* _EXERCISE REQUIREMENTS_: Please give back, word for word, each line from the start of the entries through the one in which "-- A call with" is found.

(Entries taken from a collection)
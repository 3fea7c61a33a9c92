-- ===== src/Client.antt =====
-- A program that uses c/qorechain_pqc.c: any sequence of calls of its functions, in one thread.
pub mod Answers
pub mod Preserves
pub mod Safe
pub mod Typed
use qorechain_pqc.Base.{
  ℕ, ◌+◌, ◌^◌, ◌<◌, ◌≤◌, ◌≡◌, ◌≢◌, ◌⊎◌, ℤ, true, Option, none, some, List, [], ◌∷◌, length, Text,
}
use qorechain_pqc.Machine.{Ptr, null, Cell, ConstPtr, World, Run, done, M, pure, ◌>>=◌}
use qorechain_pqc.Machine.Args.{Holds}
use qorechain_pqc.Oqs.{Kem, Oqs}
use qorechain_pqc.SignBytes.{Out, hybrid_sign_bytes}
use qorechain_pqc.Dsa.{KeyOut, mldsa_keygen, mldsa_sign, mldsa_sign_hedged, mldsa_verify}
use qorechain_pqc.Kem.{EncapsOut, mlkem_encapsulate, mlkem_decapsulate}
use qorechain_pqc.Hash.{Evp, shake256}
use qorechain_pqc.Hash.Laws.{hashed}
use qorechain_pqc.Release.{qpqc_free}

-- A call with its arguments; the out parameters are what they hold before it.
pub data Operation : Type 0 where
  keygen : Text → KeyOut → Operation
  sign : Text → ConstPtr → ℕ → ConstPtr → ℕ → Out → Operation
  sign_hedged : Text → ConstPtr → ℕ → ConstPtr → ℕ → Out → Operation
  verify : Text → ConstPtr → ℕ → ConstPtr → ℕ → ConstPtr → ℕ → Operation
  encapsulate : Text → ConstPtr → ℕ → Ptr → EncapsOut → Operation
  decapsulate : Text → ConstPtr → ℕ → ConstPtr → ℕ → Ptr → ℕ → Operation
  hash : ConstPtr → ℕ → Ptr → ℕ → Operation
  sign_bytes : ℤ → ConstPtr → ℕ → ConstPtr → ℕ → ConstPtr → ℕ → Out → Operation
  release : Ptr → ℕ → Operation

-- The call, its results dropped: later calls may use any values.
abbrev pub finished : {A : Type 0} → M A → M (Unit {0})
finished m = m >>= λ _. pure tt

unfoldable pub perform : {C : Type 0} → Oqs → Evp C → Operation → M (Unit {0})
perform oqs evp (keygen alg out) = finished (mldsa_keygen oqs alg out)
perform oqs evp (sign alg sk sk_len msg n out) = finished (mldsa_sign oqs alg sk sk_len msg n out)
perform oqs evp (sign_hedged alg sk sk_len msg n out) =
    finished (mldsa_sign_hedged oqs alg sk sk_len msg n out)
perform oqs evp (verify alg pk pk_len msg n sig l) =
    finished (mldsa_verify oqs alg pk pk_len msg n sig l)
perform oqs evp (encapsulate alg pk pk_len ss_out out) =
    finished (mlkem_encapsulate oqs alg pk pk_len ss_out out)
perform oqs evp (decapsulate alg sk sk_len ct ct_len ss_out ss_len) =
    finished (mlkem_decapsulate oqs alg sk sk_len ct ct_len ss_out ss_len)
perform oqs evp (hash src src_len out n) = shake256 evp src src_len out n
perform oqs evp (sign_bytes version chain_id l b0 m auth n out) =
    finished (hybrid_sign_bytes version chain_id l b0 m auth n out)
perform oqs evp (release buf len) = qpqc_free oqs buf len

-- Numbers that a byte can hold.
abbrev pub AllBytes : List ℕ → Type 0
AllBytes [] = Unit
AllBytes (b ∷ bs) = (b < 256) × AllBytes bs

-- n bytes may be read through this argument.
abbrev pub Readable : ConstPtr → ℕ → Type 0
Readable c n = (xs : List ℕ) × Holds c n xs × AllBytes xs

-- A block of the caller with at least n bytes.
abbrev pub Roomy : Ptr → ℕ → World → Type 0
Roomy p n w = (cells : List Cell) × (w.block p ≡ some cells) × (n ≤ length cells)

-- The length of a shared secret, 0 for an algorithm that does not exist.
abbrev pub secret_length : Option Kem → ℕ
secret_length none = 0
secret_length (some k) = k.length_shared_secret

-- What the header asks of the caller.
abbrev pub Valid : Oqs → World → Operation → Type 0
Valid oqs w (keygen alg out) = Unit
Valid oqs w (sign alg sk sk_len msg n out) = Readable sk sk_len × Readable msg n
Valid oqs w (sign_hedged alg sk sk_len msg n out) = Readable sk sk_len × Readable msg n
Valid oqs w (verify alg pk pk_len msg n sig l) =
    Readable pk pk_len × Readable msg n × Readable sig l
Valid oqs w (encapsulate alg pk pk_len ss_out out) =
    Readable pk pk_len × Roomy ss_out (secret_length (oqs.kem alg)) w × (ss_out ≤ w.calls)
Valid oqs w (decapsulate alg sk sk_len ct ct_len ss_out ss_len) =
    Readable sk sk_len × Readable ct ct_len × Roomy ss_out (secret_length (oqs.kem alg)) w
Valid oqs w (hash src src_len out n) = Readable src src_len × Roomy out n w
Valid oqs w (sign_bytes version chain_id l b0 m auth n out) =
    Readable chain_id l × Readable b0 m × Readable auth n × (39 + l + m + n < 2 ^ 64)
Valid oqs w (release buf len) =
    (buf ≡ null)
    ⊎ ((buf ≢ null) × (cells : List Cell) × (w.block buf ≡ some cells) × (len ≡ length cells))

-- The call is one for a hash, and OpenSSL has no context to give, or one of its calls on these data has
-- no defined behaviour. No caller can rule that out.
abbrev pub Unhashed : {C : Type 0} → Evp C → World → Operation → Type 0
Unhashed evp w (hash src src_len out n) =
    (w.refuse w.calls ≡ true) ⊎ ((d : List ℕ) × Holds src src_len d × (hashed evp d n ≡ none))
Unhashed evp w _ = ⊥

-- The states that valid calls lead to, one after the other.
pub data Reached {C : Type 0} (oqs : Oqs) (evp : Evp C) (w : World) : World → Type 0 where
  here : Reached oqs evp w w
  next :
      {u v : World} (op : Operation)
      → Reached oqs evp w u
      → Valid oqs u op
      → perform oqs evp op u ≡ done tt v
      → Reached oqs evp w v
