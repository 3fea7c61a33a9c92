-- ===== src/Client/Typed.antt =====
-- Memory in which every byte that was set is a byte.
use qorechain_pqc.Base.{
  Bool, true, ltb, ◌&&◌, refl, ℕ, zero, suc, ◌/◌, ◌%◌, ◌<◌, ◌≡◌, Option, none, some, List, [], ◌∷◌,
  ◌++◌, map, arith, ◌==◌, Bool-cases, inl, inr, length, drop, replicate, Text,
}
use qorechain_pqc.Machine.{Ptr, Cell, Source, update}
use qorechain_pqc.Machine.Ends.{part, over}
use qorechain_pqc.Codec.BigEndian.{be_bytes}
use qorechain_pqc.Oqs.{Sig, Kem}
use qorechain_pqc.Hash.{Evp}
use qorechain_pqc.SignBytes.{hybrid_sign_bytes_domain}
use qorechain_pqc.SignBytes.Layout.{v1_layout, v2_layout}
use qorechain_pqc.Client.{AllBytes}

abbrev pub AllCells : List Cell → Type 0
AllCells [] = Unit
AllCells (none ∷ cells) = AllCells cells
AllCells (some b ∷ cells) = (b < 256) × AllCells cells

abbrev pub IsBlock : Option (List Cell) → Type 0
IsBlock none = Unit
IsBlock (some cells) = AllCells cells

abbrev pub Typed : (Ptr → Option (List Cell)) → Type 0
Typed f = (p : Ptr) → IsBlock (f p)

-- The primitives store bytes: `uint8_t` is the type of their outputs.
pub record SigBytes (s : Sig) : Type 0 where
  pub keypair_bytes : (r : Source) → AllBytes (s.keypair r).1 × AllBytes (s.keypair r).2
  pub signature_bytes : (r : Source) (m k : List ℕ) → AllBytes (s.sign r m k).bytes

pub record KemBytes (k : Kem) : Type 0 where
  pub encaps_bytes :
      (r : Source) (pk : List ℕ) → AllBytes (k.encaps r pk).1 × AllBytes (k.encaps r pk).2
  pub decaps_bytes : (ct sk : List ℕ) → AllBytes (k.decaps ct sk).1

-- Sign-bytes, if there are any.
abbrev pub AreBytes : Option (List ℕ) → Type 0
AreBytes none = Unit
AreBytes (some bytes) = AllBytes bytes

pub record XofBytes {C : Type 0} (evp : Evp C) : Type 0 where
  pub written_bytes :
      (c : C) (n : ℕ) (ok : Bool) (bytes : List ℕ)
      → evp.final_xof c n ≡ some (ok, bytes)
      → AllBytes bytes

pub update-Typed :
    (p : Ptr) (c : Option (List Cell)) (f : Ptr → Option (List Cell))
    → Typed f
    → IsBlock c
    → Typed (update f p c)
update-Typed p c f old new q = elim (Bool-cases (p == q)) [
  | inl same ↦ rw same new
  | inr other ↦ rw other (old q)
]

pub blanks-AllCells : (n : ℕ) → AllCells (replicate n none)
unfolding replicate
blanks-AllCells zero = tt
blanks-AllCells (suc n) = blanks-AllCells n

pub map-AllCells :
    (bs : List ℕ) (cells : List Cell)
    → AllBytes bs
    → AllCells cells
    → AllCells (map some bs ++ cells)
map-AllCells [] cells h k = k
map-AllCells (b ∷ bs) cells (h, hs) k = (h, map-AllCells bs cells hs k)

pub bytes-AllCells : (bs : List ℕ) → AllBytes bs → AllCells (map some bs)
bytes-AllCells [] h = tt
bytes-AllCells (b ∷ bs) (h, hs) = (h, bytes-AllCells bs hs)

drop-AllCells : (n : ℕ) (cells : List Cell) → AllCells cells → AllCells (drop n cells)
drop-AllCells zero cells h = h
drop-AllCells (suc n) [] h = h
drop-AllCells (suc n) (none ∷ cells) h = drop-AllCells n cells h
drop-AllCells (suc n) (some b ∷ cells) (h, hs) = drop-AllCells n cells hs

pub part-AllCells : (n : ℕ) (bs : List ℕ) → AllBytes bs → AllCells (part n bs)
part-AllCells n bs h = map-AllCells bs _ h (blanks-AllCells _)

pub over-AllCells :
    (bs : List ℕ) (cells : List Cell) → AllBytes bs → AllCells cells → AllCells (over bs cells)
over-AllCells bs cells h k = map-AllCells bs _ h (drop-AllCells (length bs) cells k)

append-AllBytes : (xs ys : List ℕ) → AllBytes xs → AllBytes ys → AllBytes (xs ++ ys)
append-AllBytes [] ys h k = k
append-AllBytes (x ∷ xs) ys (h, hs) k = (h, append-AllBytes xs ys hs k)

be_bytes-AllBytes : (k n : ℕ) → AllBytes (be_bytes k n)
unfolding be_bytes
be_bytes-AllBytes zero n = tt
be_bytes-AllBytes (suc k) n =
    append-AllBytes (be_bytes k (n / 256)) (n % 256 ∷ []) (be_bytes-AllBytes k (n / 256))
      (omega arith, tt)

-- The same as a test.
abbrev pub all_bytes : List ℕ → Bool
all_bytes [] = true
all_bytes (b ∷ bs) = ltb b 256 && all_bytes bs

pub all_bytes-AllBytes : (bs : List ℕ) → all_bytes bs ≡ true → AllBytes bs
all_bytes-AllBytes [] h = tt
all_bytes-AllBytes (b ∷ bs) h = (ground arith, all_bytes-AllBytes bs (ground arith))

domain-AllBytes : AllBytes hybrid_sign_bytes_domain
domain-AllBytes = all_bytes-AllBytes hybrid_sign_bytes_domain refl

module _ (b0 auth : List ℕ) (hb : AllBytes b0) (ha : AllBytes auth) where
  pub v1_layout-AllBytes : AllBytes (v1_layout b0 auth)
  unfolding v1_layout
  v1_layout-AllBytes =
      append-AllBytes (be_bytes 4 (length b0)) (b0 ++ (be_bytes 4 (length auth) ++ auth))
        (be_bytes-AllBytes 4 (length b0))
        (append-AllBytes b0 (be_bytes 4 (length auth) ++ auth) hb
          (append-AllBytes (be_bytes 4 (length auth)) auth (be_bytes-AllBytes 4 (length auth)) ha))

  pub v2_layout-AllBytes : (cid : Text) → AllBytes cid → AllBytes (v2_layout cid b0 auth)
  unfolding v2_layout
  v2_layout-AllBytes cid hc =
      append-AllBytes hybrid_sign_bytes_domain
        (be_bytes 8 (length cid) ++ (cid ++ v1_layout b0 auth)) domain-AllBytes
        (append-AllBytes (be_bytes 8 (length cid)) (cid ++ v1_layout b0 auth)
          (be_bytes-AllBytes 8 (length cid))
          (append-AllBytes cid (v1_layout b0 auth) hc v1_layout-AllBytes))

* _EXPECTED ANSWER_:
repository 3fea7c61a33a9c92
-- ===== src/Client.antt =====
-- A program that uses c/qorechain_pqc.c: any sequence of calls of its functions, in one thread.
pub mod Answers
pub mod Preserves
pub mod Safe
pub mod Typed
use qorechain_pqc.Base.{
  ℕ, ◌+◌, ◌^◌, ◌<◌, ◌≤◌, ◌≡◌, ◌≢◌, ◌⊎◌, ℤ, true, Option, none, some, List, [], ◌∷◌, length, Text,
}
use qorechain_pqc.Machine.{Ptr, null, Cell, ConstPtr, World, Run, done, M, pure, ◌>>=◌}
use qorechain_pqc.Machine.Args.{Holds}
use qorechain_pqc.Oqs.{Kem, Oqs}
use qorechain_pqc.SignBytes.{Out, hybrid_sign_bytes}
use qorechain_pqc.Dsa.{KeyOut, mldsa_keygen, mldsa_sign, mldsa_sign_hedged, mldsa_verify}
use qorechain_pqc.Kem.{EncapsOut, mlkem_encapsulate, mlkem_decapsulate}
use qorechain_pqc.Hash.{Evp, shake256}
use qorechain_pqc.Hash.Laws.{hashed}
use qorechain_pqc.Release.{qpqc_free}

-- A call with its arguments; the out parameters are what they hold before it.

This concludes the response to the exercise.